● **Data records**
..............................
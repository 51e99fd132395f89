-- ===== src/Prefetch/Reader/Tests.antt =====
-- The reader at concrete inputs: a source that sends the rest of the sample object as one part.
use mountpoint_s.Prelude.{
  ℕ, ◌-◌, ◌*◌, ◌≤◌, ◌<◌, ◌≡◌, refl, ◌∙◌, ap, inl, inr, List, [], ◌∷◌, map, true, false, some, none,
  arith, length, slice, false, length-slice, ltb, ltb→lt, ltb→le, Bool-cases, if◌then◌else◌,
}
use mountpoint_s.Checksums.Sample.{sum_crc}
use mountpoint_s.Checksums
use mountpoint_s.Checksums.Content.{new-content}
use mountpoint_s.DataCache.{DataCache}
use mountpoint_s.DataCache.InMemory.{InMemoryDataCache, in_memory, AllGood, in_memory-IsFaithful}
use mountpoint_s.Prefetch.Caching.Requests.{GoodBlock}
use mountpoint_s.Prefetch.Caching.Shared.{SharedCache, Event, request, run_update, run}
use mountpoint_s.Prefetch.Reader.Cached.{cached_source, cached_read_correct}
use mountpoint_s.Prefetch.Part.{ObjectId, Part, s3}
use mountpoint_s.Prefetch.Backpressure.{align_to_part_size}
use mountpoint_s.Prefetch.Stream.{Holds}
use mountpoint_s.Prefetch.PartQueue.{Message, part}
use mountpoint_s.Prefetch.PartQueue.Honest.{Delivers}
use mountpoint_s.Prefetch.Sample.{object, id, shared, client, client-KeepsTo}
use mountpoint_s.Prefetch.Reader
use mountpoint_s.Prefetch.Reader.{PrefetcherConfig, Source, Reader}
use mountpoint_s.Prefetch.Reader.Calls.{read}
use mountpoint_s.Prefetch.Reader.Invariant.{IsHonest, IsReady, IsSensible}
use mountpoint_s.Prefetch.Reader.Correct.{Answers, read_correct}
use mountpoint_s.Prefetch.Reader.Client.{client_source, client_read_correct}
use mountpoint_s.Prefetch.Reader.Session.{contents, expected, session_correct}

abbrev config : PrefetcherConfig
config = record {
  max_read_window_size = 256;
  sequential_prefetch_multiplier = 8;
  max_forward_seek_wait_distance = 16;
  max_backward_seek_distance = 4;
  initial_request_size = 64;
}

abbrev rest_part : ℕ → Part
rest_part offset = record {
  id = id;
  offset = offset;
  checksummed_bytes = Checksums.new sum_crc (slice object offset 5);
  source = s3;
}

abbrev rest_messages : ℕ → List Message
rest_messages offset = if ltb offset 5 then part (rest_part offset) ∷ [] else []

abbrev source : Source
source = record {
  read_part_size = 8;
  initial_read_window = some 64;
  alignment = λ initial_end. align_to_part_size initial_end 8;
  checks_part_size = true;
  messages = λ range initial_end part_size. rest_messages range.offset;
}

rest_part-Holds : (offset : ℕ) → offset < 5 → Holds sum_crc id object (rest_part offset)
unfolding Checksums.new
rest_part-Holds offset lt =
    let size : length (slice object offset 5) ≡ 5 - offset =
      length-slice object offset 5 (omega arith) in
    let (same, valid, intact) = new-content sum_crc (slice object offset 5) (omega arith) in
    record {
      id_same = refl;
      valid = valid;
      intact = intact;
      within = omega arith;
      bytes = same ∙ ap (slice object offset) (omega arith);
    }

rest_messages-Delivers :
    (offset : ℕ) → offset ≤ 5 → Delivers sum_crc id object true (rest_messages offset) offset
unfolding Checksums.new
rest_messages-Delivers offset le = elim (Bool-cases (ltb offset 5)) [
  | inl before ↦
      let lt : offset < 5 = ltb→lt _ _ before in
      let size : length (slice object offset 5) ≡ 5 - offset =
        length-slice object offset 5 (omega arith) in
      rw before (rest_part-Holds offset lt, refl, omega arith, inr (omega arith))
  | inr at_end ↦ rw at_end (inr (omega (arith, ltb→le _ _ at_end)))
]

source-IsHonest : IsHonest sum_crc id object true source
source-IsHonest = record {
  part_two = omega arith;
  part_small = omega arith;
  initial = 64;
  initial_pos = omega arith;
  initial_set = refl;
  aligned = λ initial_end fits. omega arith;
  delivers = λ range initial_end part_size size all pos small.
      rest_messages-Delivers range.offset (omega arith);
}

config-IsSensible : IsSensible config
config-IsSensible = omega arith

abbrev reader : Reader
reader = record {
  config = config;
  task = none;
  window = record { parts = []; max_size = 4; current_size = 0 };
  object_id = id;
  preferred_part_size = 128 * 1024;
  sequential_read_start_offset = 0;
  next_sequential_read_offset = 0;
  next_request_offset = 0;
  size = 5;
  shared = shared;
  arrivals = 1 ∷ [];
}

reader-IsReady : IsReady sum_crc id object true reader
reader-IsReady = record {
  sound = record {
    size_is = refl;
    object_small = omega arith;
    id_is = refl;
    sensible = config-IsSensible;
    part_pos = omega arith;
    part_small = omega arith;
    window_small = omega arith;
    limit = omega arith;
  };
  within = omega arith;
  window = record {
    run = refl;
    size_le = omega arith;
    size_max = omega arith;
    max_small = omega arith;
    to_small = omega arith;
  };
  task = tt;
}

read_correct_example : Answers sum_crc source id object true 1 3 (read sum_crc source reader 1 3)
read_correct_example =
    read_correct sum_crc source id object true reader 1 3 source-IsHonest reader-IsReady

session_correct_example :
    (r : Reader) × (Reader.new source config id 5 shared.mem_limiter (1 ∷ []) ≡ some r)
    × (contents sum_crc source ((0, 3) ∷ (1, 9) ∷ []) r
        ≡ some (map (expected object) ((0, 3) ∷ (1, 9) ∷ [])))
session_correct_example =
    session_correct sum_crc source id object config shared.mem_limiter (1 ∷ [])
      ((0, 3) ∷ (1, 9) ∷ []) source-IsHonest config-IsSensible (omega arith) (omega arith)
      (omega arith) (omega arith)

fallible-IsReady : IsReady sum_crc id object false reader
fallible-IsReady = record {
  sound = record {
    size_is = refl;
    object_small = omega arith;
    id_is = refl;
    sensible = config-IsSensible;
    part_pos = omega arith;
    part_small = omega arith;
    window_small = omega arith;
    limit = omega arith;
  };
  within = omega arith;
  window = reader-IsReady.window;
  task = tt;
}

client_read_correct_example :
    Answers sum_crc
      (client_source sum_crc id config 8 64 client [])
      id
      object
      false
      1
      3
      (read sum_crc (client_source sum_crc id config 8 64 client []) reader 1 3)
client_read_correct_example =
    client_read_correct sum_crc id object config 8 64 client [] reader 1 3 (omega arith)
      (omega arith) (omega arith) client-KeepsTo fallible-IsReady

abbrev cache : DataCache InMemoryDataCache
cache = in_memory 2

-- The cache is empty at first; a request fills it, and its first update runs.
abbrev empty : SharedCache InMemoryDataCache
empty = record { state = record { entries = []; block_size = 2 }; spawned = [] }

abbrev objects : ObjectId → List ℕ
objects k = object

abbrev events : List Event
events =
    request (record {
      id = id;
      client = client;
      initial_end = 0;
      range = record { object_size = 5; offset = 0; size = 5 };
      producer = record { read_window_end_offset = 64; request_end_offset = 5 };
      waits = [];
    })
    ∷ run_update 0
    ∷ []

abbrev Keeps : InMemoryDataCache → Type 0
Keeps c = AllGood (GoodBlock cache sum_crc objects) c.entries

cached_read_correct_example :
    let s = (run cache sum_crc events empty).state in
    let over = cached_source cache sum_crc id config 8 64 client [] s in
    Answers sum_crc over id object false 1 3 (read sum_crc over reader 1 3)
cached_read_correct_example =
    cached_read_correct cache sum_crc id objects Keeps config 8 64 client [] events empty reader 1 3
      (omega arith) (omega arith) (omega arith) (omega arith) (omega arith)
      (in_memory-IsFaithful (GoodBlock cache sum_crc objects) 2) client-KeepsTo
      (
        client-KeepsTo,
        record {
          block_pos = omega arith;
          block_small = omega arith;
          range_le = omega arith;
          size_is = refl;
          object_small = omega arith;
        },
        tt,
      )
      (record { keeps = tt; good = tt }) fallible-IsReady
..............................
● **What is being asked**
Restate, word for word and with nothing added, the lines from the beginning of the records above through the line that contains "config = record".

● **Result**
repository 51e99fd132395f89
-- ===== src/Prefetch/Reader/Tests.antt =====
-- The reader at concrete inputs: a source that sends the rest of the sample object as one part.
use mountpoint_s.Prelude.{
  ℕ, ◌-◌, ◌*◌, ◌≤◌, ◌<◌, ◌≡◌, refl, ◌∙◌, ap, inl, inr, List, [], ◌∷◌, map, true, false, some, none,
  arith, length, slice, false, length-slice, ltb, ltb→lt, ltb→le, Bool-cases, if◌then◌else◌,
}
use mountpoint_s.Checksums.Sample.{sum_crc}
use mountpoint_s.Checksums
use mountpoint_s.Checksums.Content.{new-content}
use mountpoint_s.DataCache.{DataCache}
use mountpoint_s.DataCache.InMemory.{InMemoryDataCache, in_memory, AllGood, in_memory-IsFaithful}
use mountpoint_s.Prefetch.Caching.Requests.{GoodBlock}
use mountpoint_s.Prefetch.Caching.Shared.{SharedCache, Event, request, run_update, run}
use mountpoint_s.Prefetch.Reader.Cached.{cached_source, cached_read_correct}
use mountpoint_s.Prefetch.Part.{ObjectId, Part, s3}
use mountpoint_s.Prefetch.Backpressure.{align_to_part_size}
use mountpoint_s.Prefetch.Stream.{Holds}
use mountpoint_s.Prefetch.PartQueue.{Message, part}
use mountpoint_s.Prefetch.PartQueue.Honest.{Delivers}
use mountpoint_s.Prefetch.Sample.{object, id, shared, client, client-KeepsTo}
use mountpoint_s.Prefetch.Reader
use mountpoint_s.Prefetch.Reader.{PrefetcherConfig, Source, Reader}
use mountpoint_s.Prefetch.Reader.Calls.{read}
use mountpoint_s.Prefetch.Reader.Invariant.{IsHonest, IsReady, IsSensible}
use mountpoint_s.Prefetch.Reader.Correct.{Answers, read_correct}
use mountpoint_s.Prefetch.Reader.Client.{client_source, client_read_correct}
use mountpoint_s.Prefetch.Reader.Session.{contents, expected, session_correct}

abbrev config : PrefetcherConfig
config = record {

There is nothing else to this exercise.